** DATA SHOWN follows **

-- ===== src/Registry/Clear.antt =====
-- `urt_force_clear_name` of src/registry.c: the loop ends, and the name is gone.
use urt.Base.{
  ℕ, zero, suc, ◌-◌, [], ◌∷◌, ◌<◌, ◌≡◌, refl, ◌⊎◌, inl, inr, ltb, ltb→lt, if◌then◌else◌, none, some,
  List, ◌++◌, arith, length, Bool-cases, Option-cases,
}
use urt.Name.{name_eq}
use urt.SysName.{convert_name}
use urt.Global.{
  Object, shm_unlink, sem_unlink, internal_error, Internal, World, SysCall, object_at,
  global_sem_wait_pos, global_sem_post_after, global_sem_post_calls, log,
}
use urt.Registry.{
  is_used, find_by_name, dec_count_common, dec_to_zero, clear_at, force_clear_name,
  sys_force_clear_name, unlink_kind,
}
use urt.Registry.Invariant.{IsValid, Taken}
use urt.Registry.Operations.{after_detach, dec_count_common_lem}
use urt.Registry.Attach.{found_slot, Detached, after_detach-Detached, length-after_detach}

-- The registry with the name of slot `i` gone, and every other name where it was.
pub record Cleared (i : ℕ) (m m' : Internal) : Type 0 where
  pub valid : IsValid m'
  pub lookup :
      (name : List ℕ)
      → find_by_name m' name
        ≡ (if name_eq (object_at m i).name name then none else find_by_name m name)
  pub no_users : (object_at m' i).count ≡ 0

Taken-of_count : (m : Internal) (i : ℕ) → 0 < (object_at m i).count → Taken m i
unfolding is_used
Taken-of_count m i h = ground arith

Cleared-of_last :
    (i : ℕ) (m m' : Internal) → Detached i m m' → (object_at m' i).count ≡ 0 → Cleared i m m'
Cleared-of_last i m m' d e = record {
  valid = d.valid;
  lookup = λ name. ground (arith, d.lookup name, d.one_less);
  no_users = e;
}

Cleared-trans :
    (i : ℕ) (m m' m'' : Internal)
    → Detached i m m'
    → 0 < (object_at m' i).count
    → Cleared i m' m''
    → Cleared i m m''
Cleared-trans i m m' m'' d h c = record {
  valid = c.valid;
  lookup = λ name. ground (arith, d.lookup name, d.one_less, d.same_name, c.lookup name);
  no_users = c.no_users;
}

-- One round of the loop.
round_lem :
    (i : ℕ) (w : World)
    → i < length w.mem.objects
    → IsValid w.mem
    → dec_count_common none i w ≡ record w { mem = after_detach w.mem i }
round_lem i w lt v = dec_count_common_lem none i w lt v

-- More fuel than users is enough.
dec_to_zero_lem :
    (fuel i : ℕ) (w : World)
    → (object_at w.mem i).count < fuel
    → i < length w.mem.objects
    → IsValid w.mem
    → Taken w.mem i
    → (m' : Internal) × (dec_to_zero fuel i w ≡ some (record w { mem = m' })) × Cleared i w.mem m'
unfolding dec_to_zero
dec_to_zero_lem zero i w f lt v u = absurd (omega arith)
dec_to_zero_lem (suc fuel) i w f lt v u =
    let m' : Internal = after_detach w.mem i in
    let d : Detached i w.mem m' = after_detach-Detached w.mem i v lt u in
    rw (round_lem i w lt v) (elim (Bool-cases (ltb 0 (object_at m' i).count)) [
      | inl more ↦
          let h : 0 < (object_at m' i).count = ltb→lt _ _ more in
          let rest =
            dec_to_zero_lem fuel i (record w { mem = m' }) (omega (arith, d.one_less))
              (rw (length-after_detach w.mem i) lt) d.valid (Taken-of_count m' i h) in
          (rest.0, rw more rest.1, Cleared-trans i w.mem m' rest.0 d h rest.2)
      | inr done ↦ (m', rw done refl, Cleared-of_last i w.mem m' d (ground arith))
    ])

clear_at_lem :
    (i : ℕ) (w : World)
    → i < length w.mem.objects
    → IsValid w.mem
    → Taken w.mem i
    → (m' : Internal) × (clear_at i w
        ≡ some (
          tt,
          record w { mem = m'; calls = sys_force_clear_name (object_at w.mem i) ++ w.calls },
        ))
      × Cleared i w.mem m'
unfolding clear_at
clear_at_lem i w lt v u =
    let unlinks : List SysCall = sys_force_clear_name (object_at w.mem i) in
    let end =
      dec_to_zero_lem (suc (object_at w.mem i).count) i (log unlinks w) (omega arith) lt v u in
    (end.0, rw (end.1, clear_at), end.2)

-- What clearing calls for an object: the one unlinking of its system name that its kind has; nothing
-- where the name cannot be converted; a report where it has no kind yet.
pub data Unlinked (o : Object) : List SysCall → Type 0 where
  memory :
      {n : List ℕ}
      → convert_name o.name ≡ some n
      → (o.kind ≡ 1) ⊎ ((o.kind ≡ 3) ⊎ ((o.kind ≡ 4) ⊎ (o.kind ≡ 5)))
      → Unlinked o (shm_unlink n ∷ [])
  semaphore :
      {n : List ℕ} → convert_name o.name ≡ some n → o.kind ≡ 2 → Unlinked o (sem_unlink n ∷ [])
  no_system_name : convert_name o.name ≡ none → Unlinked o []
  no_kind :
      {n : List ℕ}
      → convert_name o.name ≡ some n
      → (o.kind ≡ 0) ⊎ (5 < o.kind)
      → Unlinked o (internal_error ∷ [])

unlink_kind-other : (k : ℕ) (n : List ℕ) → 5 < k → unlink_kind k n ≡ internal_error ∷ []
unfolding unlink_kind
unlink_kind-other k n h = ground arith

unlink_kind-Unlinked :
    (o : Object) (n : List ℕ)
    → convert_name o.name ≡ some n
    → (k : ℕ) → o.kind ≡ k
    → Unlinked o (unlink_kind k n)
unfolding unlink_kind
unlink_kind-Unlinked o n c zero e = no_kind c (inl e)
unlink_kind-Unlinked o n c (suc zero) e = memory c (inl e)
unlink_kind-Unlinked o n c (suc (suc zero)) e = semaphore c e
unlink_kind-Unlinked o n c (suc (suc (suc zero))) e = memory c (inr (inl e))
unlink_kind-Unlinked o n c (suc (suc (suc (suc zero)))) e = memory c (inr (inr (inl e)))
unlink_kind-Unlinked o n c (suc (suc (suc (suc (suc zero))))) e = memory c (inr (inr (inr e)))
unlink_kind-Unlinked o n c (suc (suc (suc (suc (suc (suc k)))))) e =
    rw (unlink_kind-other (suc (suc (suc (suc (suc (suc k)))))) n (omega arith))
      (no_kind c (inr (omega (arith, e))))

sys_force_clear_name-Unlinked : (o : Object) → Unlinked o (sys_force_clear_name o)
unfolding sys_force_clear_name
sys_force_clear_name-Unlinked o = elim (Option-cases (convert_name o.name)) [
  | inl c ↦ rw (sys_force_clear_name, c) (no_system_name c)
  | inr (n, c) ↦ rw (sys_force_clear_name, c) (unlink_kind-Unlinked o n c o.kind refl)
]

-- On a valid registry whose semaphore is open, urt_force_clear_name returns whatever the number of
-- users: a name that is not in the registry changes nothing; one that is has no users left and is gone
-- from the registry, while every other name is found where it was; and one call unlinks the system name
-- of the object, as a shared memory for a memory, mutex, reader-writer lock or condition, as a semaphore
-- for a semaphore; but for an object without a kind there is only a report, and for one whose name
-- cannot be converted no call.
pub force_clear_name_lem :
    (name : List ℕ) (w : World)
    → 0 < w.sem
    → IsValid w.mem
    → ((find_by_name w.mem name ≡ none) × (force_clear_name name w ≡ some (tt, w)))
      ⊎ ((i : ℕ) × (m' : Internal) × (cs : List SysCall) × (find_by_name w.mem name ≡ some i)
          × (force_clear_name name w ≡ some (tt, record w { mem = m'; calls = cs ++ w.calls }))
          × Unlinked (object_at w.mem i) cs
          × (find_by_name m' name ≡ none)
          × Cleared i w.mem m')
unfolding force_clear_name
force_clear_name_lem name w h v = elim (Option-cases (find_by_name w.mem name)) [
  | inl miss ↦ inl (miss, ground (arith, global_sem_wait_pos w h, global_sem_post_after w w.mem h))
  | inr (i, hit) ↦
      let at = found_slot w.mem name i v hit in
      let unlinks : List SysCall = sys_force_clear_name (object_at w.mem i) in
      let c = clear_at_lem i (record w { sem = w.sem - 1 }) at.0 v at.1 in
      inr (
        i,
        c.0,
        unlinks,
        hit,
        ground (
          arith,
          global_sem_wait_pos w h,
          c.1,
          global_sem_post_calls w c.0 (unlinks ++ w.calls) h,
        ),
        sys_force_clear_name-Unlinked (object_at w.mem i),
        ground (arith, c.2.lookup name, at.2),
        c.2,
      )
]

** End of DATA SHOWN **

### WHAT IS NEEDED
The lines needed are the ones from the first line of the entries through the line that contains "unfolding is_used", given again without any change.

### RESPONSE FOR THIS EXERCISE
-- ===== src/Registry/Clear.antt =====
-- `urt_force_clear_name` of src/registry.c: the loop ends, and the name is gone.
use urt.Base.{
  ℕ, zero, suc, ◌-◌, [], ◌∷◌, ◌<◌, ◌≡◌, refl, ◌⊎◌, inl, inr, ltb, ltb→lt, if◌then◌else◌, none, some,
  List, ◌++◌, arith, length, Bool-cases, Option-cases,
}
use urt.Name.{name_eq}
use urt.SysName.{convert_name}
use urt.Global.{
  Object, shm_unlink, sem_unlink, internal_error, Internal, World, SysCall, object_at,
  global_sem_wait_pos, global_sem_post_after, global_sem_post_calls, log,
}
use urt.Registry.{
  is_used, find_by_name, dec_count_common, dec_to_zero, clear_at, force_clear_name,
  sys_force_clear_name, unlink_kind,
}
use urt.Registry.Invariant.{IsValid, Taken}
use urt.Registry.Operations.{after_detach, dec_count_common_lem}
use urt.Registry.Attach.{found_slot, Detached, after_detach-Detached, length-after_detach}

-- The registry with the name of slot `i` gone, and every other name where it was.
pub record Cleared (i : ℕ) (m m' : Internal) : Type 0 where
  pub valid : IsValid m'
  pub lookup :
      (name : List ℕ)
      → find_by_name m' name
        ≡ (if name_eq (object_at m i).name name then none else find_by_name m name)
  pub no_users : (object_at m' i).count ≡ 0

Taken-of_count : (m : Internal) (i : ℕ) → 0 < (object_at m i).count → Taken m i
unfolding is_used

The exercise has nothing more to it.